Data records —
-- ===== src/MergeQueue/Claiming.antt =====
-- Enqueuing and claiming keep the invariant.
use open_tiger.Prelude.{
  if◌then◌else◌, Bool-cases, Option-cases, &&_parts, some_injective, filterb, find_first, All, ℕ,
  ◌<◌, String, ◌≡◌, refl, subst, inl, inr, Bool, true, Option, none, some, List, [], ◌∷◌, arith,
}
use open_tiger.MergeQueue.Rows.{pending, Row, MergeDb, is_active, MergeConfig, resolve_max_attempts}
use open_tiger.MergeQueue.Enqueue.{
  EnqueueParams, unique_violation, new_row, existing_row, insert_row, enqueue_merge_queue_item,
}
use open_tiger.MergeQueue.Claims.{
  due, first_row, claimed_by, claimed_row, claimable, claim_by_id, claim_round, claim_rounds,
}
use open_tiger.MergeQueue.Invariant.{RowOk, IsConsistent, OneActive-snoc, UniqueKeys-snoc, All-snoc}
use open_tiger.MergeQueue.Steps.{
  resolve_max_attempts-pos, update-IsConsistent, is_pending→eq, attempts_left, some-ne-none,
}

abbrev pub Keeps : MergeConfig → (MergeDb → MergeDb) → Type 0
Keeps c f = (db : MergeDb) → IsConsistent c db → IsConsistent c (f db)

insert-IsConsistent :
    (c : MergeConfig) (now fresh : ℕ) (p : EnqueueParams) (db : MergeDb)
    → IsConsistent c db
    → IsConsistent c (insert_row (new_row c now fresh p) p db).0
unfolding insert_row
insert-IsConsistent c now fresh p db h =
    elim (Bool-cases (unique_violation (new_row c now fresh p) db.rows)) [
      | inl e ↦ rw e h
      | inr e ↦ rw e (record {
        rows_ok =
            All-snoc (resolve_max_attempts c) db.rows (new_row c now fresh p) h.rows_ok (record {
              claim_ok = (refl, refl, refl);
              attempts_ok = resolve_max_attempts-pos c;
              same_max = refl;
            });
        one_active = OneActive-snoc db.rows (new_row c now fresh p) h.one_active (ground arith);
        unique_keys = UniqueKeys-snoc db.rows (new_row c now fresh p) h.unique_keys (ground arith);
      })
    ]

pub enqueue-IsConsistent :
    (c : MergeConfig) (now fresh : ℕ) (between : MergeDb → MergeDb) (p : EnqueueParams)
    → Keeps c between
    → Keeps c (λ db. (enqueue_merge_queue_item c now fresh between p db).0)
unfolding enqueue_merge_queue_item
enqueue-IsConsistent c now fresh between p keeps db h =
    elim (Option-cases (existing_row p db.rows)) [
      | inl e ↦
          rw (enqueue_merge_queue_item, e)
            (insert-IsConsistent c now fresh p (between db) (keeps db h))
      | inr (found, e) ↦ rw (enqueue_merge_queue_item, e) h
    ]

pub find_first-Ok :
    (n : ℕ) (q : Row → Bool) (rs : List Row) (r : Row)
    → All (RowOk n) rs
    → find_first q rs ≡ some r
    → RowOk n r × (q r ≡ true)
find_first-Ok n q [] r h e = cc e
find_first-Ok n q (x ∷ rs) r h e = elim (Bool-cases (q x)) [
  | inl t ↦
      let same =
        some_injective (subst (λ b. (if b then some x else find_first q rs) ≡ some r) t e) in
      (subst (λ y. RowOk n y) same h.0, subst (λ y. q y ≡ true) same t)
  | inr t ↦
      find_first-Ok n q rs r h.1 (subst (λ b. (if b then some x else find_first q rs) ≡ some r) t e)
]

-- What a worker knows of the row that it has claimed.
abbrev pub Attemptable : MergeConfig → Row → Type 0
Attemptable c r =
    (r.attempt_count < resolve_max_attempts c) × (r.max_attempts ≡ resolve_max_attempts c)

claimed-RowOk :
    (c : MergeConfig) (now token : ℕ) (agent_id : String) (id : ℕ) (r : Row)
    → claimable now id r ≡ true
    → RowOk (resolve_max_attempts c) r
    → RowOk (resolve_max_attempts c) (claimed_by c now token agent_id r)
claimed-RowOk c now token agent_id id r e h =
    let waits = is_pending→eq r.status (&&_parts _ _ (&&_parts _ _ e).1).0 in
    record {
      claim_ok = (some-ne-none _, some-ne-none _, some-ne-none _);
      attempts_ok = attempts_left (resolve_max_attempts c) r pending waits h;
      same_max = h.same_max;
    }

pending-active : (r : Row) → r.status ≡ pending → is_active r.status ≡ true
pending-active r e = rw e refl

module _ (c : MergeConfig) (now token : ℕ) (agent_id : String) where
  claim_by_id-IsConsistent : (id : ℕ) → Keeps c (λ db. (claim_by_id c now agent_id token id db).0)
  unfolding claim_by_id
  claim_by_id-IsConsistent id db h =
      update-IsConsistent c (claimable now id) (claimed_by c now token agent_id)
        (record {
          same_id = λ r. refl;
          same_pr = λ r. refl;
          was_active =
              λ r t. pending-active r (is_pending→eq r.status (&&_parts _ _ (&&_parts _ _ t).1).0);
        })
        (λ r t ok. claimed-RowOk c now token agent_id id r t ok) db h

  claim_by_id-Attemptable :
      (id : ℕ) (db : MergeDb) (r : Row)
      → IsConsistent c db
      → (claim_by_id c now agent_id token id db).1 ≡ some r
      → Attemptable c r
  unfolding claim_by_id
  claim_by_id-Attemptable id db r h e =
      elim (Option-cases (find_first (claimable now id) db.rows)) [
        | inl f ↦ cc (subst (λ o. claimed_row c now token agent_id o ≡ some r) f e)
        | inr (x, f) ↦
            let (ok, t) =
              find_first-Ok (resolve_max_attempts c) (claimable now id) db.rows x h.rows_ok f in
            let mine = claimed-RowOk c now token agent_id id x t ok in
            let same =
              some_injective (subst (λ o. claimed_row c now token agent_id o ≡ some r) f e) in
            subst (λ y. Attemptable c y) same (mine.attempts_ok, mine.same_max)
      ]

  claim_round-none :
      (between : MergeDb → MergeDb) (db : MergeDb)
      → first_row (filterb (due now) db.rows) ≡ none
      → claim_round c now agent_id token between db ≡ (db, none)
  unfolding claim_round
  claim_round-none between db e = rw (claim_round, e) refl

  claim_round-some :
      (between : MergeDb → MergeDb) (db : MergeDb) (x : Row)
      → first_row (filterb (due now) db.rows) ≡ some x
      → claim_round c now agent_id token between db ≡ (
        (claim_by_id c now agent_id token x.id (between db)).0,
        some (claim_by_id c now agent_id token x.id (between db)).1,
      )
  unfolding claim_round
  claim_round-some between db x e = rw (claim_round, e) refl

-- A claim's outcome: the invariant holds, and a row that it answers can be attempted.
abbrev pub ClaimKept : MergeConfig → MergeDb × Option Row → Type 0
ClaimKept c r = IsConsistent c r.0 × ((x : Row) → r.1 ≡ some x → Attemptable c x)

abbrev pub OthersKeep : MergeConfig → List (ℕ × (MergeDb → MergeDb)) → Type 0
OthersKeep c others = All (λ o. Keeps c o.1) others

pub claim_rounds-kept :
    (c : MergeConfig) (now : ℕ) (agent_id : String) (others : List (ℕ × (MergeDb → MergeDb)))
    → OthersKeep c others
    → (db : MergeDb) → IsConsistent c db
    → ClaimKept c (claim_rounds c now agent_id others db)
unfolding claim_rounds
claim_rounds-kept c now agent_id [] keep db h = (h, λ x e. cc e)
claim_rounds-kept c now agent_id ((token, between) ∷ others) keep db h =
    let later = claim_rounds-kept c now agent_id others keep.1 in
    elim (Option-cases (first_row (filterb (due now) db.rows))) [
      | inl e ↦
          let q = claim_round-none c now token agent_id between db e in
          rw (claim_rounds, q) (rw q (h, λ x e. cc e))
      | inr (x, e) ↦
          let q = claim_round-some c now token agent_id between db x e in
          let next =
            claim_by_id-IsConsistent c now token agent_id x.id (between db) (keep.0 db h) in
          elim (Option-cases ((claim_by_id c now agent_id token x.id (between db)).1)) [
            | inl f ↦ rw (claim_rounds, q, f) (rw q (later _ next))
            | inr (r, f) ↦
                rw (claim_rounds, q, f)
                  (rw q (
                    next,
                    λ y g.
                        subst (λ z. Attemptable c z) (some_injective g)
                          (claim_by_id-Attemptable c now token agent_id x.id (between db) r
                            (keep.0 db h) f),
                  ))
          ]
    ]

---

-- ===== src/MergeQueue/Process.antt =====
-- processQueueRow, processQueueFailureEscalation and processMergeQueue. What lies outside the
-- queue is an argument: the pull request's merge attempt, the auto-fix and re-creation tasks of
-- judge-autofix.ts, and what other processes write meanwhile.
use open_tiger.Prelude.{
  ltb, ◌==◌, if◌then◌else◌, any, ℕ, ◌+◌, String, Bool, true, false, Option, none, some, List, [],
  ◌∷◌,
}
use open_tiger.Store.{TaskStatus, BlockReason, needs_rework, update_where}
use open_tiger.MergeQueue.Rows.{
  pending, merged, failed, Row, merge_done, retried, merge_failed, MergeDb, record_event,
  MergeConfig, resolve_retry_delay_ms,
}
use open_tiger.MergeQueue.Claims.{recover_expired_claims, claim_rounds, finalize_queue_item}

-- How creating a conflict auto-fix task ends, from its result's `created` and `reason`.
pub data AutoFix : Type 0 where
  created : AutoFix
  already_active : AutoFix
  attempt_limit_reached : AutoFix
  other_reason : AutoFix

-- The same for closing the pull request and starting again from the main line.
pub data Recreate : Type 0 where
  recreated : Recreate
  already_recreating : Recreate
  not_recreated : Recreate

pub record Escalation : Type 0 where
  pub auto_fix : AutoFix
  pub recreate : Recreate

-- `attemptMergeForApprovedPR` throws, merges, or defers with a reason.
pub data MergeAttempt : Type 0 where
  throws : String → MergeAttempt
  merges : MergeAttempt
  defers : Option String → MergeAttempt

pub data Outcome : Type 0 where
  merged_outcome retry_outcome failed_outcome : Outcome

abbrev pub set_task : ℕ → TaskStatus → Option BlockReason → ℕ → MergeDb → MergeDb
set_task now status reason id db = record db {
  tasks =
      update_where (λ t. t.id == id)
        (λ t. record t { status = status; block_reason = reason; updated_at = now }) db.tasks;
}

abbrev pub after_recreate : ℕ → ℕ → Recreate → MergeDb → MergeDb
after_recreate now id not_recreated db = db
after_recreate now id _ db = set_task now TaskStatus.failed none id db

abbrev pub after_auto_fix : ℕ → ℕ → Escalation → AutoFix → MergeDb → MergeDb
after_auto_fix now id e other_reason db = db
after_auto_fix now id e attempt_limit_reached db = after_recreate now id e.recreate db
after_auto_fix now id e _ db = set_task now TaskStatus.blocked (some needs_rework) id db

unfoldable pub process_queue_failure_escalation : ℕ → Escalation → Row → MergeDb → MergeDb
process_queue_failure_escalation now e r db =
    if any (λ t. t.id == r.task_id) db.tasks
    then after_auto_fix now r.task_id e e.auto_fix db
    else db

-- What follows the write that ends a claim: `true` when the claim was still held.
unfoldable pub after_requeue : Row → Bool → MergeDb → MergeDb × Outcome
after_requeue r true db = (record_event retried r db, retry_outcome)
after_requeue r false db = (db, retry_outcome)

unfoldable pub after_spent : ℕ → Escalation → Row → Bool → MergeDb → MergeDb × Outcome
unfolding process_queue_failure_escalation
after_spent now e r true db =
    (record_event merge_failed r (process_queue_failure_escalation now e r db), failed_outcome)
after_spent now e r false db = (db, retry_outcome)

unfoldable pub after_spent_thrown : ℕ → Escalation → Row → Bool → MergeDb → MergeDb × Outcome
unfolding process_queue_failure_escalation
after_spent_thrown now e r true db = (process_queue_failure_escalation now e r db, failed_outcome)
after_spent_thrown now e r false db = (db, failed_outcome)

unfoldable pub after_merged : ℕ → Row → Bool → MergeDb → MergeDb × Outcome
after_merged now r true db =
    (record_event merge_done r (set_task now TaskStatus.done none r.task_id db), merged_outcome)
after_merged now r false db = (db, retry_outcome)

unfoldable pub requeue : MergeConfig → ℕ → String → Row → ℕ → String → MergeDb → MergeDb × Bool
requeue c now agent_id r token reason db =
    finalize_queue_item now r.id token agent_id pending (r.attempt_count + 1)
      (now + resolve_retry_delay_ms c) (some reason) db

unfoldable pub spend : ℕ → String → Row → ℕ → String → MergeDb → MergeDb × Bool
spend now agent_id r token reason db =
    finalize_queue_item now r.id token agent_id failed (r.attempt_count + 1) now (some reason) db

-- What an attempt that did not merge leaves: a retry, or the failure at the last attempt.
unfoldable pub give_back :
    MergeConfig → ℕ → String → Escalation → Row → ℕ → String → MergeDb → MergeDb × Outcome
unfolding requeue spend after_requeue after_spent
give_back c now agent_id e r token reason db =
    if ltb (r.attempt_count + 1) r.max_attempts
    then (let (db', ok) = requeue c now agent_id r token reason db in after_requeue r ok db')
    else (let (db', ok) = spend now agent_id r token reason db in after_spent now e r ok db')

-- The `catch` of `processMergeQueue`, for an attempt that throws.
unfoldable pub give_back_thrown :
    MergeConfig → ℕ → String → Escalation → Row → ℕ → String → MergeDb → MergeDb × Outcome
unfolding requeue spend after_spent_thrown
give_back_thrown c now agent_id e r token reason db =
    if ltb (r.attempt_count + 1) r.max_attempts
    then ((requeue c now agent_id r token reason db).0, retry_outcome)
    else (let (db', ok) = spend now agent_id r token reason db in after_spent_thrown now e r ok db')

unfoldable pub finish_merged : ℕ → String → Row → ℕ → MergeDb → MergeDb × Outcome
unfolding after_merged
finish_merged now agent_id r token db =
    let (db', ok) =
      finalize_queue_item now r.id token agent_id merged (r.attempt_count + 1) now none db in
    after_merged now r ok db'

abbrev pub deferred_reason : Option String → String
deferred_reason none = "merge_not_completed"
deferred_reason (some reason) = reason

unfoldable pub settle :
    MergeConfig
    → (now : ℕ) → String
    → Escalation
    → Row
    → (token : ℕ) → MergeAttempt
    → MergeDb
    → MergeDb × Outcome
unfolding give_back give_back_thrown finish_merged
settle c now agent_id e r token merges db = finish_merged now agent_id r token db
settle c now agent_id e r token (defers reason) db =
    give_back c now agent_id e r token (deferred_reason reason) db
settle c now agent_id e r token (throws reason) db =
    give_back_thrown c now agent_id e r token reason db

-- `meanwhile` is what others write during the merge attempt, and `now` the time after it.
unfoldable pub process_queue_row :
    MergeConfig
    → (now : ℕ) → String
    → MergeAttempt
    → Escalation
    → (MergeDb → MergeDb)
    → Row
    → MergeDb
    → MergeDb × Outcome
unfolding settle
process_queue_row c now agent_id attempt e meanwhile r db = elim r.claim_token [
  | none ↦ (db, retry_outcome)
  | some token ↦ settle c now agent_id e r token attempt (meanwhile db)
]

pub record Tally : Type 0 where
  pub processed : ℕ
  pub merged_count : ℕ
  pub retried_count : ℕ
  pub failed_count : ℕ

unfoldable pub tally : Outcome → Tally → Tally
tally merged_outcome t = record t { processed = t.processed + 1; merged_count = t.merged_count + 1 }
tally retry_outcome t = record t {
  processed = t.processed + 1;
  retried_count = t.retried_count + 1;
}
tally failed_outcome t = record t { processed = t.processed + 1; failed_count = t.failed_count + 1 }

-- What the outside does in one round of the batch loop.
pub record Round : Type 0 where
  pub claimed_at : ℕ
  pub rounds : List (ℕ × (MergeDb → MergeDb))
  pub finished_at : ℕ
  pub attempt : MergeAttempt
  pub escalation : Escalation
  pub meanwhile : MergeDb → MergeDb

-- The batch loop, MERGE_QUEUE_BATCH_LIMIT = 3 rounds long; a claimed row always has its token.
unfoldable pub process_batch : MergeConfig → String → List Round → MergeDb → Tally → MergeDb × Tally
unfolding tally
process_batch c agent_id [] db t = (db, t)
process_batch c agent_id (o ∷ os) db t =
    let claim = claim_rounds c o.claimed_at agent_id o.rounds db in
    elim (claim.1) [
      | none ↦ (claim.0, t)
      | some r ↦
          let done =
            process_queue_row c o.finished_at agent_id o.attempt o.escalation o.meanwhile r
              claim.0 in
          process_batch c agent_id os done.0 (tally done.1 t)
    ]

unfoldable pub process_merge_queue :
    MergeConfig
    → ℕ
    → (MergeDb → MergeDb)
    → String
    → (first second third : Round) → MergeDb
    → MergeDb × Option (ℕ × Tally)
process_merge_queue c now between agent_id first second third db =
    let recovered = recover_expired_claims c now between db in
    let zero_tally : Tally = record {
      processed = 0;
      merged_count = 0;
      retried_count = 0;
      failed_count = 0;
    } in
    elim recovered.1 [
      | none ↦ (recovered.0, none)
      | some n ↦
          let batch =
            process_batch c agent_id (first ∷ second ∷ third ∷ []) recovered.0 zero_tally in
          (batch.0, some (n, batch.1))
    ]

==

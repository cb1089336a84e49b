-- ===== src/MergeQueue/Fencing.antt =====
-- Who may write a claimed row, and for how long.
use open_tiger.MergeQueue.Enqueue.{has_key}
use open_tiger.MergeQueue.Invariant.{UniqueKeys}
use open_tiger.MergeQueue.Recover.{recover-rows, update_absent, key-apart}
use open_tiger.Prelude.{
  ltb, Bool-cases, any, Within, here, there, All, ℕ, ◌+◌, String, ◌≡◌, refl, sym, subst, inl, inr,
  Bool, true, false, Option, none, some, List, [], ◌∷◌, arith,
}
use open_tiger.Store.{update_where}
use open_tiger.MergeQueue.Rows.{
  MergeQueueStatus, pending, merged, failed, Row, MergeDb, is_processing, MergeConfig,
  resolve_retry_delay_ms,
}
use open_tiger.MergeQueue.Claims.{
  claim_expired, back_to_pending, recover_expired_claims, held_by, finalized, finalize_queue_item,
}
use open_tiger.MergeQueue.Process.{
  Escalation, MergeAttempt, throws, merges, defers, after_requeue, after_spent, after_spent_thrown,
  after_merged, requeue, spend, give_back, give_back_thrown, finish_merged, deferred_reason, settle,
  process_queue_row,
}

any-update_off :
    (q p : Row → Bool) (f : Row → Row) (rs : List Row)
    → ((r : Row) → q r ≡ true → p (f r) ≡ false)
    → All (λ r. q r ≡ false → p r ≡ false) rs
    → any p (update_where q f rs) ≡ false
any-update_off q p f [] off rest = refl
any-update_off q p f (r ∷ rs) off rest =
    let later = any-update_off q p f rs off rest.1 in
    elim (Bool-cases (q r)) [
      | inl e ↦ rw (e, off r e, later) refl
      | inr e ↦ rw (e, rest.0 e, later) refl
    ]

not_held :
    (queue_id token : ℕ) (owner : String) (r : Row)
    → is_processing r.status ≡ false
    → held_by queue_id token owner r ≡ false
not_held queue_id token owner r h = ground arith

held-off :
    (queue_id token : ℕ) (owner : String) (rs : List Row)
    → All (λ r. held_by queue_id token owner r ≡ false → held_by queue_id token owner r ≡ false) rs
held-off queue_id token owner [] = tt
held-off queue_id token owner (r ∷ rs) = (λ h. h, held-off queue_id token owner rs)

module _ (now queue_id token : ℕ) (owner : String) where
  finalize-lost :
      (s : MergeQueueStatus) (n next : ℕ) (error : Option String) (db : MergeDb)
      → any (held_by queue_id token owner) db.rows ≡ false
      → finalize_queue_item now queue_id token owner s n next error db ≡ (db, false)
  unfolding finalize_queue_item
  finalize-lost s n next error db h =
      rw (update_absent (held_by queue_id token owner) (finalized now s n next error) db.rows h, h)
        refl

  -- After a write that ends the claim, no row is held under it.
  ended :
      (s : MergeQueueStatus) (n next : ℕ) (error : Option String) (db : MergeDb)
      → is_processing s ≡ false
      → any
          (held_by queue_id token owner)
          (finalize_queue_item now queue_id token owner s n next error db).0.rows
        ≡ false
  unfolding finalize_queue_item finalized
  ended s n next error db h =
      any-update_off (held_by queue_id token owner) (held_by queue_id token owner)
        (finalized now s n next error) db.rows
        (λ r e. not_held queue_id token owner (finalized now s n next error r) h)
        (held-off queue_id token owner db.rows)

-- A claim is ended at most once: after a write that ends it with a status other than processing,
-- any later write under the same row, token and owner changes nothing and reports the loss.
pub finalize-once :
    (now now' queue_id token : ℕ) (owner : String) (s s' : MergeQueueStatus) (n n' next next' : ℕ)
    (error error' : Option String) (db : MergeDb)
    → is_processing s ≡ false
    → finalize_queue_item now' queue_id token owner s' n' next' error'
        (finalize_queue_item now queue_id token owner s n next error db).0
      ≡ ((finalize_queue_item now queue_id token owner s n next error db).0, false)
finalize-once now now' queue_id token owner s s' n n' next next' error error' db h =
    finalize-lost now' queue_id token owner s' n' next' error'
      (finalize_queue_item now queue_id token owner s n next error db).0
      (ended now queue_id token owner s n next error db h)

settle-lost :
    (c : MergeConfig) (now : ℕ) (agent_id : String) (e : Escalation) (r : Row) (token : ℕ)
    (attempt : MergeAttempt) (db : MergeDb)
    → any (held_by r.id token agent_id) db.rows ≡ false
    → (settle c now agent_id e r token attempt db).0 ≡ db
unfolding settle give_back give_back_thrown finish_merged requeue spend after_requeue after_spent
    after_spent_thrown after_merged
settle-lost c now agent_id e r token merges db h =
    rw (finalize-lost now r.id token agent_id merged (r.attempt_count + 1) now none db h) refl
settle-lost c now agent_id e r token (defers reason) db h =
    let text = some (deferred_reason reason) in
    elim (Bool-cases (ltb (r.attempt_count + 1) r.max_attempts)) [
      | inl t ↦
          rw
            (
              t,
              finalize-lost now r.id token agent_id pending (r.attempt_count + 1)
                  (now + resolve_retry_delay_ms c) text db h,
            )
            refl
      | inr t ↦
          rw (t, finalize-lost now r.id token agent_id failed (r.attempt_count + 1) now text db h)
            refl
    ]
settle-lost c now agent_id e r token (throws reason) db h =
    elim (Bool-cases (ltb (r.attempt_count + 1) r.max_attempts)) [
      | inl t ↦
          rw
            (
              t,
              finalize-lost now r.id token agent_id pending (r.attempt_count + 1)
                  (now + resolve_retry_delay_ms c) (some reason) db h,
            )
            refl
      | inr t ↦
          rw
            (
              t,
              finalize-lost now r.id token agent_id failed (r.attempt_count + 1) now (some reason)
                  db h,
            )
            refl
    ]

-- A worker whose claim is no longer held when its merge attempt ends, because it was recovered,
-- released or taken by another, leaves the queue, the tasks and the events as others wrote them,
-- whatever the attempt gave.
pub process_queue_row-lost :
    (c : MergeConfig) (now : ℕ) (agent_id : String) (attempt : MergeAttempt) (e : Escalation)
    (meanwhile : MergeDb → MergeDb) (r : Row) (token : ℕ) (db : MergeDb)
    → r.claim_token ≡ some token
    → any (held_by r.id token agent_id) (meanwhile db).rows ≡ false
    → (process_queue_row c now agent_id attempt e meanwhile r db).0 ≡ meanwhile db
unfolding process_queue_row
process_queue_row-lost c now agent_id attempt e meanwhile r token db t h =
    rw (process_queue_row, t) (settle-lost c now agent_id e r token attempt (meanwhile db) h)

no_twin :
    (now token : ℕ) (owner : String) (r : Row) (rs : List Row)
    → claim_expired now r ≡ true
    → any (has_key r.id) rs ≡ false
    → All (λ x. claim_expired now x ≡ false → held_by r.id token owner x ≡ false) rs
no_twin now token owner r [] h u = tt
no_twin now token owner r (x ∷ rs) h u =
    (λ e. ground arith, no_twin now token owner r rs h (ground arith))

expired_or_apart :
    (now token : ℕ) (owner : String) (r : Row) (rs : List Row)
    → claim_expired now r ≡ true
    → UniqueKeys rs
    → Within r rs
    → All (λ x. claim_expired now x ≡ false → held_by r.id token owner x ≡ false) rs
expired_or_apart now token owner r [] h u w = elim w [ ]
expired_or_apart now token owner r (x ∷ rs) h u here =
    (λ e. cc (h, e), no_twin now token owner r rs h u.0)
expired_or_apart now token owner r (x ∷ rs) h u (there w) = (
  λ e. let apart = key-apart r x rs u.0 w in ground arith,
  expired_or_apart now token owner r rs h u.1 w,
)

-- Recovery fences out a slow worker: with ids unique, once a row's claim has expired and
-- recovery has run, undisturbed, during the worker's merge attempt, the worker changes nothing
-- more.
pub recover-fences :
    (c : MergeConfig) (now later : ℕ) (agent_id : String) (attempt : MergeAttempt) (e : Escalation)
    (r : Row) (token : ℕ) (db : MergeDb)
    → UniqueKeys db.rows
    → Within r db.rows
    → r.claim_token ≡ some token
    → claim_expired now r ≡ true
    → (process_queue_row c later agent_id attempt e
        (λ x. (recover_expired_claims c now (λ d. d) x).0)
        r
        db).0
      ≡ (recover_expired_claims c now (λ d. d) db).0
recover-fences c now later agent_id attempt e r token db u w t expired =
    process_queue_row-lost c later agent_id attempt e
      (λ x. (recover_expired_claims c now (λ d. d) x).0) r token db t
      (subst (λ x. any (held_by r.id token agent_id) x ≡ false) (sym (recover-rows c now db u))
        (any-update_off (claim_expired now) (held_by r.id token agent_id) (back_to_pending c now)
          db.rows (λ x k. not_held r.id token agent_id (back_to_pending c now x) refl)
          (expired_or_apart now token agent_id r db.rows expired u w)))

About this exercise —
Say how many lines in the records above hold "mine", and give no other text.

Task output —
2